For intranet purposes, LISP (including this document) is Ready: operators
adopting this technology assume responsibility for the potentially novel
operational difficulties of a routing infrastructure having seen limited
deployment in adversarial environments. For internet deployment, readiness is
less clear.

For the internet core (DFZ RIB) use-case, LISP proposes replacing BGP sessions
and global eventually-consistent state sharing with a global control plane and
piecewise on-demand state pull. This new control plane presents novel
opportunities for attackers, and so RFC 7834 recommends authentication for all
control-plane traffic as a countermeasure for many of the threats outlined in
RFC 7835. Proper authentication will be effective for certain classes of
attacks, but does not completely address the security needs of the control
plane, nor is it clear that the proposed authentication is appropriate to the
desired scale of deployment.

One area of concern, of which I have not been able to find discussion, is that
of the implications of shared capacity for the control and data planes, and how
this can allow a volumetric data plane attack to deny a router access to the
global mapping system, slowly choking off service to uncached portions of the
EID address space. Section 6.7 of draft-ietf-lisp-sec discusses denial of
service attacks, but fails to distinguish between impersonation attacks
(properly countered by authentication using a pre-established chain of trust)
and volumetric attacks (perhaps complicated by those very authentication
mechanisms, which are often quite expensive).

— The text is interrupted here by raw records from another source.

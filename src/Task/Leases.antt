-- ===== src/Task/Leases.antt =====
-- What `runAgentTask` of src/task-runtime.ts admits a task on, and the lease that it acquires, which is
-- the one it checks for.
use agentmixer.Prelude.{
  ℕ, ltb, not, false, ◌&&◌, ◌==◌, Option, none, some, List, [], ◌∷◌, Bool, ◌⊎◌, if◌then◌else◌,
  Bool-cases, inl, inr, ◌*◌, ◌<◌, ◌+◌, ◌-◌, ◌≤◌, ◌≡◌, sym, ap, ◌∙◌, refl, true, arith, eq_iff,
}
use agentmixer.Prelude.Result.{ok, require, after_ok, ok_injective}
use mathlib.Core.Path.{subst}
use agentmixer.Validation.Data.{Value, string, nat, Fields, get, provider_eq_iff}
use agentmixer.Validation.{identifier, bounded_text, safe_integer, max_safe_integer}
use agentmixer.Validation.Laws.{
  provider-provider_name, identifier_again, safe_integer_bounds, safe_integer-nat,
  safe_integer-nat_value,
}
use agentmixer.Accounts.Rows.{Table, Lease}
use agentmixer.Accounts.Checks.{expiry}
use agentmixer.Accounts.Claims.{Claim, admitted}
use agentmixer.Accounts.Asked.{acquire-IsAsked}
use agentmixer.Accounts.{acquire}
use agentmixer.Task.Records.{Limits, Profile, Route, same_route}
use agentmixer.Task.Same.{same_route_iff, same_profile_iff}
use agentmixer.Task.Read.{route, profile, model, authority, limits, closed_record}
use agentmixer.Task.Guards.{
  Request, Adapter, Broker, Arrival, Admission, admit, read_request, execution_deadline,
  cleanup_deadline, input_keys, assert_capability_profile, qualified, routes, has_duplicate_id,
  available, find_route,
}
use agentmixer.Task.Proofs.{IsFit, qualified-IsFit}
use agentmixer.Task.{lease_input, is_asked_lease}

-- what a request that was read has for its names and its limits
IsRead : Limits → Request → Type 0
IsRead l r =
    (r.limits ≡ l)
    × (identifier (string r.account_id) ≡ ok r.account_id)
    × (identifier (string r.run_id) ≡ ok r.run_id)

read_request_lem :
    (l : Limits) (input : Fields) (r : Request) → read_request l input ≡ ok r → IsRead l r
unfolding read_request IsRead
read_request_lem l input r h = after_ok (route (get input "route")) _ h λ rt rt_ok h.
    after_ok (identifier (get input "accountId")) _ h λ account_id account_ok h.
      after_ok (identifier (get input "workspaceId")) _ h λ workspace_id workspace_ok h.
        after_ok (identifier (get input "runId")) _ h λ run_id run_ok h.
          after_ok (profile (get input "profile")) _ h λ p p_ok h.
            after_ok (model (get input "model")) _ h λ m m_ok h.
              after_ok (bounded_text (get input "purpose") 160 false) _ h λ purpose purpose_ok h.
                after_ok (bounded_text (get input "prompt") (512 * 1024) false) _ h
                  λ prompt prompt_ok h.
                    after_ok (authority (get input "authority")) _ h λ au au_ok last.
                      subst (IsRead l) (ok_injective last) (
                        refl,
                        identifier_again (get input "accountId") account_id account_ok,
                        identifier_again (get input "runId") run_id run_ok,
                      )

-- one of the adapters
abbrev pub IsListed : Adapter → List Adapter → Type 0
IsListed a [] = ⊥
IsListed a (b ∷ adapters) = (b ≡ a) ⊎ IsListed a adapters

-- what admission establishes
pub record IsReady (adapters : List Adapter) (arrival : Arrival) (broker : Broker) (a : Admission)
    : Type 0 where
  pub began : a.began + 3600000 ≤ max_safe_integer
  pub total : (1000 ≤ a.total) × (a.total ≤ 3600000)
  pub sums : a.request.limits.max_run_ms + a.request.limits.max_cleanup_ms ≡ a.total
  pub account_id : identifier (string a.request.account_id) ≡ ok a.request.account_id
  pub run_id : identifier (string a.request.run_id) ≡ ok a.request.run_id
  pub profile : (a.request.profile ≡ broker.profile) × (broker.registered ≡ true)
  pub bound : (a.request.run_id ≡ broker.run_id) × (a.request.workspace_id ≡ broker.workspace_id)
  pub running : (arrival.aborted ≡ false) × (arrival.active ≡ true)
  pub listed : IsListed a.adapter adapters
  pub route : route a.adapter.route ≡ ok a.request.route
  pub fit : IsFit a.adapter a.request (cleanup_deadline a) a.proof
  pub proof : qualified a.adapter a.request (cleanup_deadline a) ≡ ok a.proof
  pub in_time :
      (now : ℕ) × (safe_integer arrival.admitted a.began max_safe_integer ≡ ok now)
      × (now < execution_deadline a)

profile_lem :
    (broker : Broker) (p : Profile) {u : Unit {0}}
    → assert_capability_profile broker p ≡ ok u
    → (p ≡ broker.profile) × (broker.registered ≡ true)
unfolding assert_capability_profile
profile_lem broker p h = ground (arith, same_profile_iff p broker.profile)

bound_lem :
    (request : Request) (broker : Broker) {u : Unit {0}}
    → require
        (request.run_id == broker.run_id && request.workspace_id == broker.workspace_id)
        "TASK_BROKER_BINDING_MISMATCH"
      ≡ ok u
    → (request.run_id ≡ broker.run_id) × (request.workspace_id ≡ broker.workspace_id)
bound_lem request broker h =
    ground
      (arith, eq_iff request.run_id broker.run_id, eq_iff request.workspace_id broker.workspace_id)

available_lem : (o : Option Adapter) (a : Adapter) → available o ≡ ok a → o ≡ some a
available_lem none a h = cc
available_lem (some b) a h = cc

If discussion of this class of
issues exists elsewhere, I would appreciate a pointer as I have not yet found
it.

I would also like clarification on what defines the separation between the
control plane and data plane, and whether authentication itself is used to
distinguish, because that impacts how to precisely describe how attacks relate
to the architecture. Lack of clarity here will lead to inconsistent sets of
assumptions and security assertions.

Moreso than this particular document, draft-ietf-lisp-sec is probably where the
real action is for the security area. That document poses a multitude of
questions, only the most obvious of which is why communication between an ITR
and a Map-Resolver should be over a bespoke protocol instead of (say) DTLS.
Since there must be a pre-established trust relationship between the two, and
presumably a persistent session, this seems an obvious choice for
confidentiality and integrity protection. (Note: this is not intended as a
statement that DTLS is definitely a better choice, only that I have not been
able to find documentation of consideration of this design alternative and why
it was rejected.)

Another question it poses is: how does the Map-Resolver authenticate the
Map-Server? Symmetric authentication with the ITR-OTK demonstrates only that
the response is associated with the request: it's not immediately clear to me
what security guarantees it provides to the ITR. Limiting attacks to on-path
attackers, yes. But what about MitM? That class of attacks requires either a
pre-shared key (implying a pre-existing trust relationship between a
Map-Resolver and every Map-Server it interacts with) or asymmetric
authentication with some kind of trust anchor. I have been able to find no
mention of the latter, and it does not seem that the former scales particularly
well.

Given the difficulties in evaluating the readiness of this one piece of the
LISP ecosystem, it may be best to batch the set of documents describing the
entire protocol and to move them through IETF LC at the same time.